Tuesday, August 22, 2006

Temporary Streams

We had the read-through last night. The cast is phenomenal. The play is full of possibilities. The story is engrossing. The first act ran 50 minutes. The second ran about 80 minutes. Not bad. There were some areas that could possibly be cut, but it would be premature to conceive of cuts. I did bring up the question of what purpose my character and her two scenes serve to the story. Brian agreed.

I am excited to see this work unfold. But other than my own character analysis, analyzing the rest of the text, and researching aspects of the story, mermaids for instance, what is my dramaturgical job in the rehearsal process?

I look to a piece as published in the 10.1, 1978 issue of Theatre at Yale and republished in Dramaturgy in American Theater. I like this piece because it reinforces what a great learning experience this is for me to work with friends in the mounting of a new play and bring not just bring my desire to learn dramaturgy but also my desire to help see my friends flourish. It is the perfect storm. And by storm, I mean something beautiful that raises our stakes and makes us wrestle with two diametrically opposed extincts - one to at once run and seek cover, and two to jump and splash and dance in puddles and temporary streams and be soaked and remember what we were like as children experiencing nature without worrying about exposing ourselves to the risk of pain and death.

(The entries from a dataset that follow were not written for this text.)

-- ===== src/Wire/Registry.antt =====
-- KafkaRegistryRecord of libs/libkv8/include/kv8/Kv8Types.h: the fixed part of every record on a
-- channel's `._registry` topic, and the record with its tail as `WriteRegistryRecord` of
-- libs/kv8log/lib/kv8log_impl.cpp builds it. Doubles are their bit patterns.
use kv8_metrics.Prelude.{
  ℕ, ◌+◌, ◌^◌, ◌<◌, ◌≡◌, ap, ◌∙◌, [], ◌++◌, length, length-append, append_assoc, drop, arith,
}
use kv8_metrics.Prelude.Bytes.{Bytes, le, field, skip, length-le, field-le, skip-le, drop-length}

abbrev pub registry_version : ℕ
registry_version = 2

abbrev pub cid_log_site : ℕ
cid_log_site = 0xFFFB

abbrev pub cid_schema : ℕ
cid_schema = 0xFFFC

abbrev pub cid_deleted : ℕ
cid_deleted = 0xFFFD

abbrev pub cid_log : ℕ
cid_log = 0xFFFE

abbrev pub cid_group : ℕ
cid_group = 0xFFFF

abbrev pub flag_udt : ℕ
flag_udt = 2

abbrev pub registry_size : ℕ
registry_size = 72

pub record RegistryRecord : Type 0 where
  pub hash : ℕ
  pub counter_id : ℕ
  pub flags : ℕ
  pub min_bits : ℕ
  pub alarm_min : ℕ
  pub max_bits : ℕ
  pub alarm_max : ℕ
  pub name_len : ℕ
  pub topic_len : ℕ
  pub version : ℕ
  pub pad : ℕ
  pub timer_frequency : ℕ
  pub timer_value : ℕ
  pub time_hi : ℕ
  pub time_lo : ℕ

unfoldable pub write_fixed : RegistryRecord → Bytes → Bytes
write_fixed r rest =
    le 4 r.hash
    ++ (le 2 r.counter_id
        ++ (le 2 r.flags
            ++ (le 8 r.min_bits
                ++ (le 8 r.alarm_min
                    ++ (le 8 r.max_bits
                        ++ (le 8 r.alarm_max
                            ++ (le 2 r.name_len
                                ++ (le 2 r.topic_len
                                    ++ (le 2 r.version
                                        ++ (le 2 r.pad
                                            ++ (le 8 r.timer_frequency
                                                ++ (le 8 r.timer_value
                                                    ++ (le 4 r.time_hi
                                                        ++ (le 4 r.time_lo ++ rest))))))))))))))

-- The record seen through the cast pointer.
unfoldable pub read_fixed : Bytes → RegistryRecord
read_fixed b0 =
    let b1 = skip 4 b0 in
    let b2 = skip 2 b1 in
    let b3 = skip 2 b2 in
    let b4 = skip 8 b3 in
    let b5 = skip 8 b4 in
    let b6 = skip 8 b5 in
    let b7 = skip 8 b6 in
    let b8 = skip 2 b7 in
    let b9 = skip 2 b8 in
    let b10 = skip 2 b9 in
    let b11 = skip 2 b10 in
    let b12 = skip 8 b11 in
    let b13 = skip 8 b12 in
    let b14 = skip 4 b13 in
    record {
      hash = field 4 b0;
      counter_id = field 2 b1;
      flags = field 2 b2;
      min_bits = field 8 b3;
      alarm_min = field 8 b4;
      max_bits = field 8 b5;
      alarm_max = field 8 b6;
      name_len = field 2 b7;
      topic_len = field 2 b8;
      version = field 2 b9;
      pad = field 2 b10;
      timer_frequency = field 8 b11;
      timer_value = field 8 b12;
      time_hi = field 4 b13;
      time_lo = field 4 b14;
    }

pub record Fits (r : RegistryRecord) : Type 0 where
  pub hash_fits : r.hash < 2 ^ 32
  pub id_fits : r.counter_id < 2 ^ 16
  pub flags_fits : r.flags < 2 ^ 16
  pub min_fits : r.min_bits < 2 ^ 64
  pub alarm_min_fits : r.alarm_min < 2 ^ 64
  pub max_fits : r.max_bits < 2 ^ 64
  pub alarm_max_fits : r.alarm_max < 2 ^ 64
  pub name_fits : r.name_len < 2 ^ 16
  pub topic_fits : r.topic_len < 2 ^ 16
  pub version_fits : r.version < 2 ^ 16
  pub pad_fits : r.pad < 2 ^ 16
  pub frequency_fits : r.timer_frequency < 2 ^ 64
  pub timer_fits : r.timer_value < 2 ^ 64
  pub hi_fits : r.time_hi < 2 ^ 32
  pub lo_fits : r.time_lo < 2 ^ 32

pub read-write_fixed :
    (r : RegistryRecord) (rest : Bytes) → Fits r → read_fixed (write_fixed r rest) ≡ r
unfolding read_fixed write_fixed
read-write_fixed r rest f = simp (
  skip-le, field-le, f.hash_fits, f.id_fits, f.flags_fits, f.min_fits, f.alarm_min_fits, f.max_fits,
  f.alarm_max_fits, f.name_fits, f.topic_fits, f.version_fits, f.pad_fits, f.frequency_fits,
  f.timer_fits, f.hi_fits, f.lo_fits,
)

write_fixed-append :
    (r : RegistryRecord) (rest : Bytes) → write_fixed r rest ≡ write_fixed r [] ++ rest
unfolding write_fixed
write_fixed-append r rest = simp append_assoc

length-fixed : (r : RegistryRecord) → length (write_fixed r []) ≡ registry_size
unfolding write_fixed
length-fixed r = simp (length-append, length-le) (omega arith)

pub length-write_fixed :
    (r : RegistryRecord) (rest : Bytes) → length (write_fixed r rest) ≡ registry_size + length rest
length-write_fixed r rest =
    ap length (write_fixed-append r rest)
    ∙ length-append (write_fixed r []) rest
    ∙ ap (λ n. n + length rest) (length-fixed r)

pub drop-write_fixed :
    (r : RegistryRecord) (rest : Bytes) → drop registry_size (write_fixed r rest) ≡ rest
drop-write_fixed r rest =
    ap (drop registry_size) (write_fixed-append r rest)
    ∙ drop-length registry_size (write_fixed r []) rest (length-fixed r)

I hope this experience will mean running through temporary streams of consciousness, experiencing the nature of life, not worrying about the risks we take as we expose ourselves as artists and as friends.

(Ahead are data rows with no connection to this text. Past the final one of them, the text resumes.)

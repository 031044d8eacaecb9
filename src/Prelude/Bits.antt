-- ===== src/Prelude/Bits.antt =====
-- `bit_or` and `bit_and` by their lowest digits, and the two shapes in which the program uses them:
-- joining fields that do not overlap, and masking by 2 ^ k - 1.
use Prim.Native.Nat.{
  ℕ, zero, suc, ◌+◌, ◌-◌, ◌*◌, ◌/◌, ◌%◌, ◌^◌, ◌≤◌, ◌<◌, min, max, bit_and, bit_or, digits,
  bit_and-bitwise, bit_or-bitwise,
}
use mathlib.Core.Path.{◌≡◌, refl, ap, ap₂, ◌∙◌}
use native.Mathlib.Nat.{
  pow-suc, one-le-pow, div-add-mod, mod-lt, mul-add-mod_self_left, mod-eq_of_lt, pow-le-pow_right,
}
use native.Mathlib.Decide.{dec_le}
use native.Mathlib.Omega.{arith}

module _ (z : ℕ → ℕ) (f : ℕ → ℕ → ℕ) where
  -- Any fuel from `x` on gives the same number.
  fuel_irrelevant : (x y j k : ℕ) → x ≤ j → x ≤ k → digits z f j x y ≡ digits z f k x y
  fuel_irrelevant zero y zero zero hj hk = refl
  fuel_irrelevant zero y zero (suc k) hj hk = refl
  fuel_irrelevant zero y (suc j) zero hj hk = refl
  fuel_irrelevant zero y (suc j) (suc k) hj hk = refl
  fuel_irrelevant (suc x) y zero k hj hk = absurd (omega arith)
  fuel_irrelevant (suc x) y (suc j) zero hj hk = absurd (omega arith)
  fuel_irrelevant (suc x) y (suc j) (suc k) hj hk =
      ap (λ t. t * 2 + f (suc x % 2) (y % 2))
        (fuel_irrelevant (suc x / 2) (y / 2) j k (omega arith) (omega arith))

  lowest_digit :
      (x y : ℕ)
      → digits z f (suc x) (suc x) y
        ≡ digits z f (suc x / 2) (suc x / 2) (y / 2) * 2 + f (suc x % 2) (y % 2)
  lowest_digit x y =
      ap (λ t. t * 2 + f (suc x % 2) (y % 2))
        (fuel_irrelevant (suc x / 2) (y / 2) x (suc x / 2) (omega arith) (omega arith))

pub bit_and_halves : (x y : ℕ) → bit_and x y ≡ min (x % 2) (y % 2) + 2 * bit_and (x / 2) (y / 2)
bit_and_halves zero y = omega (arith, bit_and-bitwise 0 (y / 2), bit_and-bitwise 0 y)
bit_and_halves (suc x) y = omega (
  arith,
  lowest_digit (λ d. 0) min x y,
  bit_and-bitwise (suc x / 2) (y / 2),
  bit_and-bitwise (suc x) y,
)

pub bit_or_halves : (x y : ℕ) → bit_or x y ≡ max (x % 2) (y % 2) + 2 * bit_or (x / 2) (y / 2)
bit_or_halves zero y = omega (arith, bit_or-bitwise 0 (y / 2), bit_or-bitwise 0 y)
bit_or_halves (suc x) y = omega (
  arith,
  lowest_digit (λ d. d) max x y,
  bit_or-bitwise (suc x / 2) (y / 2),
  bit_or-bitwise (suc x) y,
)

pub zero-bit_or : (y : ℕ) → bit_or 0 y ≡ y
zero-bit_or y = bit_or-bitwise 0 y

-- By halving, as often as a bound on the number says.
no_common_bits : (bound x : ℕ) → x ≤ bound → bit_and x 0 ≡ 0
no_common_bits bound zero below = bit_and-bitwise 0 0
no_common_bits zero (suc x) below = absurd (omega arith)
no_common_bits (suc bound) (suc x) below =
    omega (arith, no_common_bits bound (suc x / 2) (omega arith), bit_and_halves (suc x) 0)

pub bit_and-zero : (x : ℕ) → bit_and x 0 ≡ 0
bit_and-zero x = no_common_bits x x (omega arith)

pub two-pow_pos : (k : ℕ) → 0 < 2 ^ k
two-pow_pos k = one-le-pow k 2 (omega arith)

-- The remainder by 2 ^ (k + 1) from the last digit and the remainder of the rest.
mod-two-pow : (a k : ℕ) → a % 2 ^ suc k ≡ (a / 2 % 2 ^ k) * 2 + a % 2
mod-two-pow a k =
    ap (λ t. t % 2 ^ suc k) split ∙ mul-add-mod_self_left _ (a / 2 / m) _ ∙ mod-eq_of_lt small
  where
    m : ℕ
    m = 2 ^ k

    twice : 2 ^ suc k ≡ 2 * m
    twice = omega (arith, pow-suc 2 k)

    whole : m * (a / 2 / m) + a / 2 % m ≡ a / 2
    whole = div-add-mod (a / 2) m

    split : a ≡ 2 ^ suc k * (a / 2 / m) + ((a / 2 % m) * 2 + a % 2)
    split = rw twice (omega (arith, whole))

    small : (a / 2 % m) * 2 + a % 2 < 2 ^ suc k
    small = rw twice (omega (arith, mod-lt (a / 2) (two-pow_pos k)))

-- `x & (2 ^ k - 1)` is the remainder.
pub bit_and_mask : (a k : ℕ) → bit_and a (2 ^ k - 1) ≡ a % 2 ^ k
bit_and_mask a zero = omega (arith, bit_and-zero a)
bit_and_mask a (suc k) = omega (
  arith,
  bit_and_halves a (2 ^ suc k - 1),
  ap (bit_and (a / 2)) halved,
  bit_and_mask (a / 2) k,
  mod-two-pow a k,
  pow-suc 2 k,
  two-pow_pos k,
)
  where
    halved : (2 ^ suc k - 1) / 2 ≡ 2 ^ k - 1
    halved = omega (arith, pow-suc 2 k, two-pow_pos k)

-- Fields that do not overlap: `a | (b << k)` for `a < 2 ^ k`.
pub bit_or_join : (k a b : ℕ) → a < 2 ^ k → bit_or a (b * 2 ^ k) ≡ a + b * 2 ^ k
bit_or_join zero a b h =
    ap (λ t. bit_or t (b * 1)) {x = a} {y = 0} (omega arith) ∙ zero-bit_or (b * 1) ∙ omega arith
bit_or_join (suc k) a b h = omega (
  arith,
  bit_or_halves a (b * 2 ^ suc k),
  ap (bit_or (a / 2)) {x = b * 2 ^ suc k / 2} {y = b * 2 ^ k} (omega (arith, twice)),
  bit_or_join k (a / 2) b (omega (arith, pow-suc 2 k)),
  twice,
)
  where
    twice : b * 2 ^ suc k ≡ 2 * (b * 2 ^ k)
    twice = rw pow-suc (omega arith)

pub two-pow-add : (j k : ℕ) → 2 ^ (j + k) ≡ 2 ^ j * 2 ^ k
two-pow-add zero k = ap (λ m. 2 ^ m) {x = 0 + k} {y = k} (omega arith) ∙ omega arith
two-pow-add (suc j) k =
    ap (λ m. 2 ^ m) {x = suc j + k} {y = suc (j + k)} (omega arith)
    ∙ omega (
      arith,
      pow-suc 2 (j + k),
      pow-suc 2 j,
      two-pow-add j k,
      ap (λ (t : ℕ). t * 2 ^ k) (pow-suc 2 j),
    )

-- A power of two divides each greater one.
pub two-pow_dvd : (k w : ℕ) → 2 ^ k ≤ 2 ^ w → (q : ℕ) × (2 ^ w ≡ 2 ^ k * q)
two-pow_dvd k w h = elim (dec_le k w) [
  | yes le ↦ (
    2 ^ (w - k),
    ap (λ m. 2 ^ m) {x = w} {y = w - k + k} (omega arith) ∙ two-pow-add (w - k) k ∙ omega arith,
  )
  | no gt ↦ absurd (
      omega (
        arith,
        pow-suc 2 w,
        two-pow_pos w,
        pow-le-pow_right {n = 2} (omega arith) {i = suc w} {j = k} (omega arith),
      ))
]

bit_or_comm_fuel : (m a b : ℕ) → a ≤ m → b ≤ m → bit_or a b ≡ bit_or b a
bit_or_comm_fuel zero a b ha hb =
    ap₂ bit_or {x = a} {y = b} {u = b} {v = a} (omega arith) (omega arith)
bit_or_comm_fuel (suc m) a b ha hb = omega (
  arith,
  bit_or_halves a b,
  bit_or_halves b a,
  bit_or_comm_fuel m (a / 2) (b / 2) (omega arith) (omega arith),
)

pub bit_or_comm : (a b : ℕ) → bit_or a b ≡ bit_or b a
bit_or_comm a b = bit_or_comm_fuel (a + b) a b (omega arith) (omega arith)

Here's the piece, an excerpt really, by Mira Rafalowicz, with credits too long to type:

people ask me what I do in the theatre.
this is a selection from my list of answers:
an internal critic
an intimate participant
an outspoken audience member
a collaborator
an extra eye
I work in dialogue with the director and the writer(s),
I help asking questions and finding doubts.
the questions are essential, answers and solutions
are part of the end of a process. we don't always find them.
I give my opinion about just about everything.
People either listen to my advice, my opinions,
or they don't.

...

as a dramaturg I am limited in whom I can work with.
I can help make something better, clearer, only
when the basic working relationship is one of
mutual respect. Not uniformity of thinking and
feeling (there is no creative dialogue possible
in uniformity, total agreement), but a basis of
sympathy. Ideally with everyone involved in the process.
So I can really only work with friends. When I run
out of friends to work with in the theatre, I
will do something else.


As Robert Brustein (founder, Yale Repertory Theatre and ART) states:

The more deeply engaged dramaturgs are in the process of production, the more generally accepted they are by colleagues and collaborators. It would seem, therefore, that the most delicate and difficult function of all remains that of internal critic - finding a way to communicate views without arousing defensiveness - which requires extraordinary discretion but is a necessary, indeed a critical aspect of the job, and can be accomplished as long as the dramaturg is seen as concerned with improvement rather than vanity or ego.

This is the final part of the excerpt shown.